THE IMMIGRATION ACTS



Heard at: Columbus House, Newport

Decision & Reasons Promulgated

On: 10 August 2015

On: 11 September 2015

 

 

 

Before

 

DEPUTY UPPER TRIBUNAL JUDGE J F W PHILLIPS

 

 

Between

 

NSNA

(anonymity direction made)

Appellant

and

 

THE SECRETARY OF STATE FOR THE HOME DEPARTMENT

Respondent

 

 

Representation

For the Appellant: Mr M Chaudhry, Duncan Lewis & Co

For the Respondent: Mr I Richards, Home Office Presenting Officer

 


DECISION AND REASONS

1.              This appeal is subject to an anonymity order by the First-tier Tribunal pursuant to rule 45(4)(i) of the Asylum and Immigration Tribunal (Procedure) Rules 2005 (SI 2005/230). Neither party invited me to rescind the order and I continue it pursuant to rule 14 of the Tribunal Procedure (Upper Tribunal) Rules 2008 (SI 2008/2698 as amended).

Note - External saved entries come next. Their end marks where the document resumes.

-- ===== src/BTree/Table.antt =====
-- lib/sql/btree.h, `BTreeIndexTable`, and the pages of an index.
-- A page handle of the source stays on its frame; here a page is read from the table and written
-- back. A page that is read as another kind than it is, and a page index outside the file, are
-- faults.
use relvec_db.Common.{ℕ, ◌+◌, ltb, ◌==◌, if◌then◌else◌}
use relvec_db.Common.Int.{ℤ, pos, negsuc}
use relvec_db.Common.Outcome.{Outcome, ok, fail, out_of_range, ◌>>=◌, ◌>>◌, guard}
use relvec_db.Row.{Row, Schema}
use relvec_db.BTree.Node.{Entry}
use relvec_db.BTree.Leaf
use relvec_db.BTree.Leaf.{Leaf}
use relvec_db.BTree.Internal
use relvec_db.BTree.Internal.{Internal}

-- `BTreeMetadataPage`
pub record Metadata : Type 0 where
  pub root : ℤ
  pub key_size_in_bytes : ℕ
  pub max_page_size : ℕ

-- A page by its `BTreePageType`.
pub data Page : Type 0 where
  invalid : Page
  metadata : Metadata → Page
  internal : Internal → Page
  leaf : Leaf → Page

-- The pages of the index file, in order of allocation, with what the index knows of its keys:
-- their schema, their size, and the row that the zero bytes of a new page read as.
pub record Index : Type 0 where
  pub pages : ℕ → Page
  pub page_count : ℕ
  pub key_schema : Schema
  pub key_size : ℕ
  pub max_page_size : ℕ
  pub zero_key : Row

-- `getPage`
unfoldable pub get_page : Index → ℤ → Outcome Page
get_page t (pos i) = do guard (ltb i t.page_count) out_of_range; ok (t.pages i)
get_page t (negsuc i) = fail out_of_range

-- The write to a page that a handle makes.
unfoldable pub set_page : ℤ → Page → Index → Index
set_page (pos i) p t = record t { pages = λ j. if j == i then p else t.pages j }
set_page (negsuc i) p t = t

unfoldable pub as_leaf : Page → Outcome Leaf
as_leaf (Page.leaf p) = ok p
as_leaf _ = fail out_of_range

unfoldable pub as_internal : Page → Outcome Internal
as_internal (Page.internal p) = ok p
as_internal _ = fail out_of_range

unfoldable pub as_metadata : Page → Outcome Metadata
as_metadata (Page.metadata m) = ok m
as_metadata _ = fail out_of_range

-- `getLeafPage`
unfoldable pub get_leaf : Index → ℤ → Outcome Leaf
unfolding get_page as_leaf
get_leaf t i = do p ← get_page t i; as_leaf p

-- `getInternalPage`
unfoldable pub get_internal : Index → ℤ → Outcome Internal
unfolding get_page as_internal
get_internal t i = do p ← get_page t i; as_internal p

-- The slots of a page of zero bytes.
abbrev pub zero_slots : {V : Type 0} → Index → V → ℕ → Entry V
zero_slots t v j = record { key = t.zero_key; value = v }

-- `allocateLeafPage`: a page of zero bytes, so both links are 0.
unfoldable pub allocate_leaf_page : Index → Leaf × ℤ × Index
unfolding Leaf.calculate_max_keys_size set_page
allocate_leaf_page t =
    let p : Leaf = record {
      node = record {
        key_schema = t.key_schema;
        max_keys = Leaf.calculate_max_keys_size t.key_size;
        size = 0;
        slots = zero_slots t (record { page_index = pos 0; row_index = pos 0 });
      };
      previous = pos 0;
      next = pos 0;
    } in
    (
      p,
      pos t.page_count,
      set_page (pos t.page_count) (Page.leaf p) (record t { page_count = t.page_count + 1 }),
    )

-- `allocateInternalPage`
unfoldable pub allocate_internal_page : Index → Internal × ℤ × Index
unfolding Internal.calculate_max_keys_size set_page
allocate_internal_page t =
    let p : Internal = record {
      key_schema = t.key_schema;
      max_keys = Internal.calculate_max_keys_size t.key_size;
      size = 0;
      slots = zero_slots t (pos 0);
    } in
    (
      p,
      pos t.page_count,
      set_page (pos t.page_count) (Page.internal p) (record t { page_count = t.page_count + 1 }),
    )

-- `allocateMetadataPage`
unfoldable pub allocate_metadata_page : Index → Metadata × ℤ × Index
unfolding set_page
allocate_metadata_page t =
    let m : Metadata = record { root = pos 0; key_size_in_bytes = 0; max_page_size = 0 } in
    (
      m,
      pos t.page_count,
      set_page (pos t.page_count) (Page.metadata m) (record t { page_count = t.page_count + 1 }),
    )

-- `metadata_page.getRootPageIndex()`, of page `MetadataPageIndex`.
unfoldable pub get_root : Index → Outcome ℤ
unfolding get_page as_metadata
get_root t = do p ← get_page t (pos 0); m ← as_metadata p; ok m.root

-- `metadata_page.setRootPageIndex(root)`
unfoldable pub set_root : ℤ → Index → Outcome Index
unfolding get_page as_metadata set_page
set_root root t = do
  p ← get_page t (pos 0)
  m ← as_metadata p
  ok (set_page (pos 0) (Page.metadata (record m { root = root })) t)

2.              This is an appeal against the determination of First-tier Tribunal Judge Britton in which he dismissed the appeal of NSNA, a citizen of Libya, against the Secretary of State's decision to refuse asylum.

3.              The application under appeal was made on 7 August 2014 and was refused by reference to paragraphs 336 and 339M of the Immigration Rules (HC395) on 28 November 2014. The Appellant exercised his right of appeal to the First-tier Tribunal. This is the appeal which came before Judge Britton on 9 April 2015 and was dismissed on asylum, humanitarian protection (Article 15(c) of the Qualification Directive) and human rights (Articles 3 and 8 ECHR) grounds. The Appellant applied for permission to appeal to the Upper Tribunal. The application was granted by First-tier Tribunal Judge Reid on 22 June 2015 in the following terms

"The grounds argue inter alia: the judge failed to give any or adequate consideration to whether the Appellant was at risk of indiscriminate violence (Article 15c); the judge failed to consider a material matter, namely the evidence of Dr Rebwar Fatah; conditions in Libya were now such that AT and Others [2014] UKUT 318 (IAC) could be departed from and Dr Fatah's report supported that argument.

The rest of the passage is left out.